An exciting way to enjoy leisure and free time is through the countless activities offered by the digital world. Video games have been popularized since the last century and, with the internet boom, entered households, captivating people of all ages.


This gratifying leisure brings with it the same risks we foresaw when connecting anonymous individuals, causing aggressive interactions, dehumanizing interlocutors, addiction, and tainting activities that should be fulfilling. This leads to the possibility that video games can, according to clinical studies such as “The use of video games in adolescents.” A Public Health problem” (M. Rodríguez Rodríguez and FM. García Padilla, 2021) and others, cause the following risks:


  • Anxiety, depression, and obsessive behaviors.
  • Loneliness and decreased emotional intelligence.
  • Pathological use of games and abuse of gambling and violence.
  • Development of gambling addiction and video game addiction.
  • Irritability, anxiety, and obsession with video games.
  • Decreased expression of emotions and desensitization.
  • Long-term anxiety and depression symptoms.
  • Extreme mood swings and anger.
  • Mental and emotional health issues.
  • Negatively affected family and social relationships.


However, the risk is not only produced by video games but also by gambling among adolescents. There is data showing that in the Region of Murcia, one in four students aged between 14 and 18 participates in gambling or similar activities involving money, reflecting an increase in gambling addiction among adolescents.


This poses a serious risk of gambling addiction, as according to the ESTUDES survey, 10.3% of young people aged between 14 and 18 engage in online betting, while 22.7% do so in person. With much more serious consequences than those mentioned above. Therefore, teachers and families must have firsthand information and training to address these issues.


ODILO, action and prevention, starting from education


Not all is as dark and bleak as it may seem; there’s always room to work from prevention and through informed action by the collective of educational stakeholders to redirect behaviors, mitigate effects, and act when prevention comes too late.

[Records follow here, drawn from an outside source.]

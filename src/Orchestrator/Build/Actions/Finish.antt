-- ===== src/Orchestrator/Build/Actions/Finish.antt =====
-- How `build_actions` of tierkreis/src/orchestrator.rs ends a run: the action of the output node of
-- the outermost graph.
use tierkreis.Base.{
  ℕ, suc, ◌≡◌, refl, Bool, true, false, ◌||◌, some, List, [], ◌∷◌, ◌++◌, Outcome, ok, err, panic,
  arith, any, contains, ◌==◌, nat_eq, nat_beq_iff, Bool-cases, inl, inr,
}
use tierkreis.Location.{root, location_eq, component_eq, with_node, from_node_index_iter}
use tierkreis.State.{Nodes}
use tierkreis.Graph.{PortGraph, output, WorkflowGraph, node_definition, output_idx}
use tierkreis.Orchestrator.Plan.{Action, ActionKind, workflow_completed}
use tierkreis.Orchestrator.Ready.{find_ready_nodes}
use tierkreis.Orchestrator.Build.{Context, Shared, Services, build_output_actions}
use tierkreis.Orchestrator.Build.Actions.{
  Build, waits, collect_node_states, build_by_definition, build_node, build_nodes, build_ready,
  build_step, build_actions_within, build_actions,
}

abbrev pub ends_run : {J : Type 0} → ActionKind J → Bool
ends_run workflow_completed = true
ends_run _ = false

-- some action of a built list ends the run
abbrev pub some_end : {J S : Type 0} → Outcome (List (Action J) × S) → Bool
some_end (ok (actions, s)) = any (λ a. ends_run a.kind) actions
some_end (err e) = true
some_end panic = true

any-append {ℓ} :
    {A : Type ℓ} (p : A → Bool) (xs ys : List A) → any p (xs ++ ys) ≡ (any p xs || any p ys)
any-append p [] ys = refl
any-append p (x ∷ xs) ys = ground (arith, any-append p xs ys)

module _ {P : PortGraph} {J W : Type 0} (env : Services P J W) where
  module _ (build : Build env) (context : Context J) (g : WorkflowGraph P J) (nodes : Nodes)
      (here : context.parent_loc ≡ root)
      (defined : node_definition P g (output_idx P g) ≡ some output)
      (runs : waits g nodes context.parent_loc (output_idx P g) ≡ false) where
    output_ends :
        (shared : Shared P J W)
        → some_end (build_node env build context g nodes (output_idx P g) shared) ≡ true
    unfolding build_node build_by_definition build_output_actions from_node_index_iter
    output_ends shared =
        ground (arith, here, defined, runs, nat_beq_iff (output_idx P g) (output_idx P g))

    nodes_end :
        (ready : List ℕ)
        → contains ready (output_idx P g) ≡ true
        → (shared : Shared P J W)
        → some_end (build_nodes env build context g nodes ready shared) ≡ true
    unfolding build_nodes
    nodes_end [] c shared = ground (arith, c)
    nodes_end (n ∷ ready) c shared = elim (Bool-cases (n == output_idx P g)) [
      | inl e ↦ grind (
        arith,
        (nat_beq_iff n (output_idx P g)).0 e,
        output_ends shared,
        any-append (λ (a : Action J). ends_run a.kind),
      )
      | inr e ↦ grind (
        arith,
        nodes_end ready (ground (arith, c, e)),
        any-append (λ (a : Action J). ends_run a.kind),
      )
    ]

    ready_ends :
        (ready : List ℕ)
        → contains ready (output_idx P g) ≡ true
        → (shared : Shared P J W)
        → some_end (build_ready env build context g nodes ready shared) ≡ true
    unfolding build_ready
    ready_ends [] c shared = ground (arith, c)
    ready_ends (n ∷ ready) c shared = nodes_end (n ∷ ready) c _

  -- A run whose output node is found ready is completed: when the actions of the outermost graph are
  -- built, its output node is not scheduled yet, does not wait at a breakpoint, and is among the
  -- ready nodes, one of the actions completes the run.
  pub any-build_actions :
      (fuel : ℕ) (context : Context J) (g : WorkflowGraph P J) (shared after : Shared P J W)
      (nodes : Nodes) (ready : List ℕ) (actions : List (Action J))
      → context.parent_loc ≡ root
      → node_definition P g (output_idx P g) ≡ some output
      → collect_node_states env context g ≡ ok nodes
      → contains shared.scheduled_this_lifetime (with_node context.parent_loc (output_idx P g))
        ≡ false
      → find_ready_nodes P context.parent_loc g nodes shared.scheduled_this_lifetime ≡ ok ready
      → contains ready (output_idx P g) ≡ true
      → waits g nodes context.parent_loc (output_idx P g) ≡ false
      → build_actions env (suc fuel) context g shared ≡ ok (actions, after)
      → any (λ a. ends_run a.kind) actions ≡ true
  unfolding build_actions build_actions_within build_step
  any-build_actions fuel context g shared after nodes ready actions here defined collected fresh
        found c runs b =
      ground (
        arith,
        collected,
        fresh,
        found,
        b,
        ready_ends (build_actions_within env (λ _ _ _. panic) fuel) context g nodes here defined
            runs ready c shared,
      )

Therefore, ODILO offers a catalog of multi-format resources where we tackle topics of cybersecurity, digital health, and general well-being. Adapting to the needs and expectations of the educational community and its rhythms; easy access and frictionless learning.


This learning must be carried out efficiently, materializing in ODILO a coordinated training plan between teachers, families, and children, resulting in all of them possessing information and instruction, fostering awareness of risks, action protocols, and prevention alternatives.


To achieve this, ODILO implements actions that generate meaningful learning in individuals through learning situations useful in everyday life, through active methodologies that generate and bring cybersecurity concepts closer to the public, developing digital skills easy to apply in daily life.


Thus, in ODILO, we manage to create reference figures among teachers who serve as best practices in the fields of security and health. Turning families into guardians of the safety of the youngest and guides in adolescence. Raising awareness among all students through training and resources that promote values and the construction of responsible citizenship.